Starc was rested for Australia's tour of South Africa in October 2016, allowing him to prepare for the home summer.[164] Former teammate Mitchell Johnson tipped him to continue breaking records through the 2016/17 season,[165] but during a practice session he had an accidental collision with training equipment and suffered a deep shin laceration.[166] He required 30 stitches, spent four days in hospital, and had to use a knee brace for four weeks to keep his skin in place while it healed.[167][168] The usual practice for the Australian team at the time was to give fast bowlers six weeks of building up their workload in the lead-up to a Test match, but Starc only had two weeks of bowling before the first Test match of the home summer against South Africa in November when he started preparing.[169] Regardless, Starc played the match despite his wound still being open. The injury meant he bowled slower than usual, but he still took a wicket in the first over of the match and finished the first innings with four wickets.[170][171] Starc had to bowl 50 overs in the Test match, which Australia lost. This heavy workload made him a high injury risk if he continued to play, but Starc played through the rest of the series, bowling 56 overs in the third match (the most of his first-class career), and also played in the subsequent series against Pakistan.[170][172][173] During the Pakistan series, he played in the Boxing Day Test match at the Melbourne Cricket Ground for the first time in his career.[173] Starc was rewarded for his performance and resilience when he won Australia's Men's Test Player of the Year award for 2016. This was the first time in nine years that a bowler had won the award.[174] He was also named in the ICC's Men's Test Team of the Year.[175]

2017–2018[edit]

Starc in 2017

In 2017, Starc returned to New Zealand for the first time since the 2015 World Cup in an ODI series against New Zealand, but he wasn't able to recapture his form from 2015. Though his fitness had fully recovered since his most recent foot injury, he was struggling to get the ball to swing like he had previously.[176] He did manage to bowl with swing in the Border–Gavaskar Trophy in India. On the second day of the first Test in the series, he only bowled three short spells of three overs each, but still took two key wickets. Indian commentator Aakash Chopra said that this display showed why he was considered the "best fast bowler in the world", because "he bowled every ball with a single-point agenda of picking wickets".[177] Starc also contributed an important 61 runs with the bat in Australia's first innings,[178] and Australia won the match by 333 runs.[179] This was Australia's first Test match win in India for 4502 days.[180] Having only bowled 11 overs for the match, he left the match much fresher than he had become accustomed to with heavier workloads through his career,[181] but he suffered a stress fracture in his foot in the second match and had to fly home to Australia in the following days, with the hope that he'd recover in time for the 2017 ICC Champions Trophy.[182]

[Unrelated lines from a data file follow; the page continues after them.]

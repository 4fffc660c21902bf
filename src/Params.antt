-- ===== src/Params.antt =====
-- The parameters of a rule's function in libsmrender/smutil.c: `get_param_err` and what stands on it.
pub mod Lookup
use smrender.Base.{
  ℕ, ◌+◌, Bool, true, false, not, ◌&&◌, ◌||◌, Option, none, some, List, [], ◌∷◌, map, leb, ◌==◌,
  if◌then◌else◌, ℤ, pos,
}
use smrender.Bstring.{Bytes}

-- fparam_t; `D` are the double values, and none is the NULL pointer.
pub record Fparam (D : Type 0) : Type 0 where
  pub attr : Bytes
  pub val : Option Bytes
  pub dval : D
  pub conv_error : ℕ

-- strcmp(a, b) == 0
unfoldable pub same_bytes : Bytes → Bytes → Bool
same_bytes [] [] = true
same_bytes [] (y ∷ b) = false
same_bytes (x ∷ a) [] = false
same_bytes (x ∷ a) (y ∷ b) = x == y && same_bytes a b

-- The letter in lower case, in the C locale.
abbrev pub to_lower : ℕ → ℕ
to_lower c = if leb 65 c && leb c 90 then c + 32 else c

-- strcasecmp(a, b) == 0
unfoldable pub same_word : Bytes → Bytes → Bool
unfolding same_bytes
same_word a b = same_bytes (map to_lower a) (map to_lower b)

module _ {D : Type 0} where
  -- get_param_err: the entry from which the value, *dval and *err are taken; none is NULL. A list
  -- that is NULL is empty.
  unfoldable pub get_param_err : Bytes → List (Fparam D) → Option (Fparam D)
  unfolding same_bytes
  get_param_err attr [] = none
  get_param_err attr (p ∷ fp) =
      let rest = get_param_err attr fp in if same_bytes attr p.attr then some p else rest

  -- get_param: the value, (*fp)->val, which is NULL for an attribute without a value, too
  unfoldable pub get_param : Bytes → List (Fparam D) → Option Bytes
  unfolding get_param_err
  get_param attr fp = elim (get_param_err attr fp) [ none ↦ none | some p ↦ p.val ]

  -- get_paramd
  unfoldable pub get_paramd : Bytes → List (Fparam D) → D → D
  unfolding get_param_err
  get_paramd attr fp def = elim (get_param_err attr fp) [
    | none ↦ def
    | some p ↦ elim p.val [ none ↦ def | some s ↦ if p.conv_error == 0 then p.dval else def ]
  ]

  -- get_param_bool2 of the entry found and its value; `is_zero` is the test of a double against 0.
  unfoldable pub param_bool : (D → Bool) → Option (Fparam D) → ℤ → ℤ
  unfolding same_word
  param_bool is_zero none def = def
  param_bool is_zero (some p) def = elim p.val [
    | none ↦ def
    | some s ↦
        if not (is_zero p.dval)
          || same_word s (121 ∷ 101 ∷ 115 ∷ [])
          || same_word s (116 ∷ 114 ∷ 117 ∷ 101 ∷ [])
        then pos 1
        else if same_word s (110 ∷ 111 ∷ [])
            || same_word s (102 ∷ 97 ∷ 108 ∷ 115 ∷ 101 ∷ [])
            || same_word s (48 ∷ [])
        then pos 0
        else def
  ]

  unfoldable pub get_param_bool2 : (D → Bool) → Bytes → List (Fparam D) → ℤ → ℤ
  unfolding get_param_err param_bool
  get_param_bool2 is_zero attr fp def = param_bool is_zero (get_param_err attr fp) def

  unfoldable pub get_param_bool : (D → Bool) → Bytes → List (Fparam D) → ℤ
  unfolding get_param_bool2
  get_param_bool is_zero attr fp = get_param_bool2 is_zero attr fp (pos 0)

Starc was deemed fit to play in the Champions Trophy, giving Australia a full-strength lineup with Josh Hazlewood, Pat Cummins and James Pattinson all available as well.[183] Australia's first two matches in the tournament were washed out,[184][185] but Starc was still able to perform well in these games. In Australia's match against Bangladesh, he took four wickets and got on a hat-trick. He took three wickets in a single wicket without conceding any runs, the first triple-wicket maiden ever bowled in the Champions Trophy.[186] Because their first two matches had no result, Australia needed to win their final match against England to progress to the knockout stage, but they lost the match and were eliminated from the tournament.[187][188] After the tournament, follow-up scans were taken of Starc's foot and showed that his stress fracture had not fully recovered, so he was ruled out of Australia's tour of Bangladesh in August and September.[189]

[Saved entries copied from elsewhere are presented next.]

-- ===== src/Alignment.antt =====
-- The alignment of captions and images in src/smrparse.c, as flags POS_N, POS_S, POS_E and POS_W.
pub mod Opposite
use smrender.Base.{Bool, true, false, ◌||◌, Option, none, some, List, [], ◌∷◌, if◌then◌else◌}
use smrender.Bstring.{Bytes}
use smrender.Params.{Fparam, same_word, get_param}

-- The bits of `pos`.
pub record Alignment : Type 0 where
  pub pos_n : Bool
  pub pos_s : Bool
  pub pos_e : Bool
  pub pos_w : Bool

abbrev pub no_alignment : Alignment
no_alignment = record { pos_n = false; pos_s = false; pos_e = false; pos_w = false }

abbrev pub east : Alignment
east = record no_alignment { pos_e = true }

abbrev pub west : Alignment
west = record no_alignment { pos_w = true }

abbrev pub north : Alignment
north = record no_alignment { pos_n = true }

abbrev pub south : Alignment
south = record no_alignment { pos_s = true }

-- a | b
abbrev pub join : Alignment → Alignment → Alignment
join a b = record {
  pos_n = a.pos_n || b.pos_n;
  pos_s = a.pos_s || b.pos_s;
  pos_e = a.pos_e || b.pos_e;
  pos_w = a.pos_w || b.pos_w;
}

-- The strings "center" and "middle" and all unknown ones give 0; what errno is then is left out.
unfoldable pub parse_alignment_str : Bytes → Alignment
unfolding same_word
parse_alignment_str s =
    if same_word s (101 ∷ 97 ∷ 115 ∷ 116 ∷ [])
    then east
    else if same_word s (119 ∷ 101 ∷ 115 ∷ 116 ∷ [])
    then west
    else if same_word s (110 ∷ 111 ∷ 114 ∷ 116 ∷ 104 ∷ [])
    then north
    else if same_word s (115 ∷ 111 ∷ 117 ∷ 116 ∷ 104 ∷ [])
    then south
    else if same_word s (110 ∷ 111 ∷ 114 ∷ 116 ∷ 104 ∷ 101 ∷ 97 ∷ 115 ∷ 116 ∷ [])
    then join east north
    else if same_word s (110 ∷ 111 ∷ 114 ∷ 116 ∷ 104 ∷ 119 ∷ 101 ∷ 115 ∷ 116 ∷ [])
    then join west north
    else if same_word s (115 ∷ 111 ∷ 117 ∷ 116 ∷ 104 ∷ 101 ∷ 97 ∷ 115 ∷ 116 ∷ [])
    then join east south
    else if same_word s (115 ∷ 111 ∷ 117 ∷ 116 ∷ 104 ∷ 119 ∷ 101 ∷ 115 ∷ 116 ∷ [])
    then join west south
    else no_alignment

-- parse_alignment_str(s) & (POS_E | POS_W), or 0 for the NULL pointer
unfoldable pub horizontal : Option Bytes → Alignment
horizontal none = no_alignment
horizontal (some s) = record (parse_alignment_str s) { pos_n = false; pos_s = false }

-- parse_alignment_str(s) & (POS_N | POS_S), or 0 for the NULL pointer
unfoldable pub vertical : Option Bytes → Alignment
vertical none = no_alignment
vertical (some s) = record (parse_alignment_str s) { pos_e = false; pos_w = false }

-- The parameter "align" goes before "halign" and "valign".
unfoldable pub align_or : Option Bytes → Alignment → Alignment
align_or none rest = rest
align_or (some s) rest = parse_alignment_str s

module _ {D : Type 0} where
  unfoldable pub parse_alignment : List (Fparam D) → Alignment
  unfolding horizontal vertical align_or get_param
  parse_alignment fp = align_or (get_param (97 ∷ 108 ∷ 105 ∷ 103 ∷ 110 ∷ []) fp) (
      join (horizontal (get_param (104 ∷ 97 ∷ 108 ∷ 105 ∷ 103 ∷ 110 ∷ []) fp))
        (vertical (get_param (118 ∷ 97 ∷ 108 ∷ 105 ∷ 103 ∷ 110 ∷ []) fp)))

Starc returned from this injury to play in the first two rounds of the 2017–18 Sheffield Shield season for New South Wales as a way to prepare for the 2017–18 Ashes series.[190] This turned out to be an incredibly successful two matches for him, as he took career-best figures of 8/73 against South Australia,[191] then became the first bowler to take a hat-trick in each innings of a Sheffield Shield match while playing against Western Australia.[192][193] This was both the first time the feat had ever been in achieved in Australia, and the first time it had been achieved anywhere in the world since 1978.[194] He was named player of the match for both performances.[191][195]

Starc played in the first three matches of the Ashes, with Australia winning all three and regaining the Ashes with two matches remaining, but he suffered a bruised heel in the third match.[196] Leading up to the Boxing Day Test match, he spent days on crutches to take weight off of the injured foot,[197] but he decided to withdraw from the match because of the chance of further aggravating the injury.[198] Starc was considered fit enough to play in the final match and the following ODI series, but his bowling was much slower than usual and he didn't pose as much of a threat to England's batsmen.[199][200]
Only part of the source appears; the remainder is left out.